Coating brackets with nanoparticles also affects antimicrobial activity. Nanoparticle coating of surfaces refers to creating a nanoscale layer on the surface by using different techniques such as dip-coating. The coating thickness in the dip-coating technique can be as thin as a monolayer of molecules. The dip-coating technique was used to coat brackets in the present study. Meyer-Kobbe et al. (2019) assessed the effects of intraoral biofilm reduction on brackets using three different methods of galvanic technique, physical vapor deposition, and plasma immersion ion implantation and deposition for SNP coating (
29). They evaluated the effect of different coating methods of SNPs on their bactericidal property and biofilm formation and reported that only one coating method increased the bactericidal property of SNPs, which can be due to the change in the behavioral properties of SNPs during coating. In the present study, HA-SNPs applied by dip-coating decreased
S. mutans count at different time points. This might be caused by the bactericidal or bacteriostatic effect of HA-SNPs. Ferrando-Magraner et al. (2020), in a systematic review, studied the antibacterial properties of nanoparticles in dental restorative materials (
30). They concluded that adding nanoparticles to any dental restorative material increases its antibacterial properties. The present study also confirmed the antimicrobial activity of all three tested nanoparticle types. In their study, the antibacterial property of TiO
2-NPs was higher than that of other nanoparticle types. In contrast, the present study revealed that all three nanoparticle coatings had a similar antibacterial performance in the long term, which can be due to in vitro design and the use of coated brackets. Carrouel et al. (2020) evaluated the antimicrobial, anti-inflammatory, and remineralizing properties of nanoparticles in dental materials (
31). Nanoparticles in dental products such as toothpaste and mouthwashes confer antimicrobial, anti-inflammatory, and remineralizing properties. In line with the present study, Carrouel et al. confirmed the antimicrobial activity of nanoparticles such as TiO
2, which might be due to the fast release of nanoparticles into the environment. Kotta et al. (2020) compared the antimicrobial characteristic of lingual retainers bonded with conventional composite and nanoparticle-containing composite (
32).
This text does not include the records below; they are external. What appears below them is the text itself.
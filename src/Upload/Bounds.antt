-- ===== src/Upload/Bounds.antt =====
-- `set_chunk_size` of main/http_file_upload.c: the sizes it sets, and the file names they suffice for.
use airu_v2_fw.Base.{
  ℕ, ◌+◌, ◌<◌, ◌≤◌, ◌≡◌, ◌⊎◌, List, [], arith, refl, length, length-append, codes,
}
use airu_v2_fw.Upload.{Sizes, set_chunk_size, min_size, body_header}

length-body_header :
    (fn_dst : List ℕ) → length (body_header fn_dst) ≡ length (body_header []) + length fn_dst
unfolding body_header
length-body_header fn_dst =
    omega (arith, length-append fn_dst (codes "\"\r\nContent-Type: text/csv\r\n\r\n"))

min_size_lem : min_size ≡ length (body_header []) + 61
unfolding min_size
min_size_lem = refl

-- Whatever chunk size is asked for, the sizes stay as they are where the heap has no room for the
-- least chunk; otherwise the chunk fits the heap, three of its bytes are spare, and every file name
-- on the server of at most 57 bytes leaves the body's header shorter than a chunk's data.
pub set_chunk_size-header :
    (heap chunk_size : ℕ) (old : Sizes) (fn_dst : List ℕ)
    → length fn_dst ≤ 57
    → ((heap < min_size) × (set_chunk_size heap chunk_size old ≡ old))
      ⊎ (((set_chunk_size heap chunk_size old).chunk_sz ≤ heap)
          × ((set_chunk_size heap chunk_size old).chunk_data_sz + 3
              ≡ (set_chunk_size heap chunk_size old).chunk_sz)
          × (length (body_header fn_dst) < (set_chunk_size heap chunk_size old).chunk_data_sz))
unfolding set_chunk_size
set_chunk_size-header heap chunk_size old fn_dst h =
    ground (arith, min_size_lem, length-body_header fn_dst)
In agreement with the present study, they confirmed that the TiO
2 composite group showed statistically more significant antibacterial activity without compromising the bond strength.
Difficulty in determining the size of nanoparticles under a scanning electron microscope, difficult coating of brackets, and difficult measurement of the thickness of nanoparticle coatings were among the limitations of this study.
CuO-NPs, TiO2-NPs, and HA-SNPs showed similar antibacterial activity against S. mutans under in vitro conditions in the long term. However, in the short-term (24 h), CuO-NP had a greater inhibitory effect on S. mutans than TiO2-NP and HA-SNPs. Accordingly, it can be used for coating appliances only at specific times and for a short period. Future studies are recommended to assess the antibacterial properties of HA-SNPs, CuO-NPs, and TiO2-NPs incorporated in composite resins used for bracket bonding under clinical conditions and applied as a coating on different bracket types.
5.1. Conclusions
Considering the relatively similar antibacterial properties of all three coatings in the long term, all three types of nanoparticles can be used for coating orthodontic brackets to reduce caries in patients undergoing orthodontic treatment.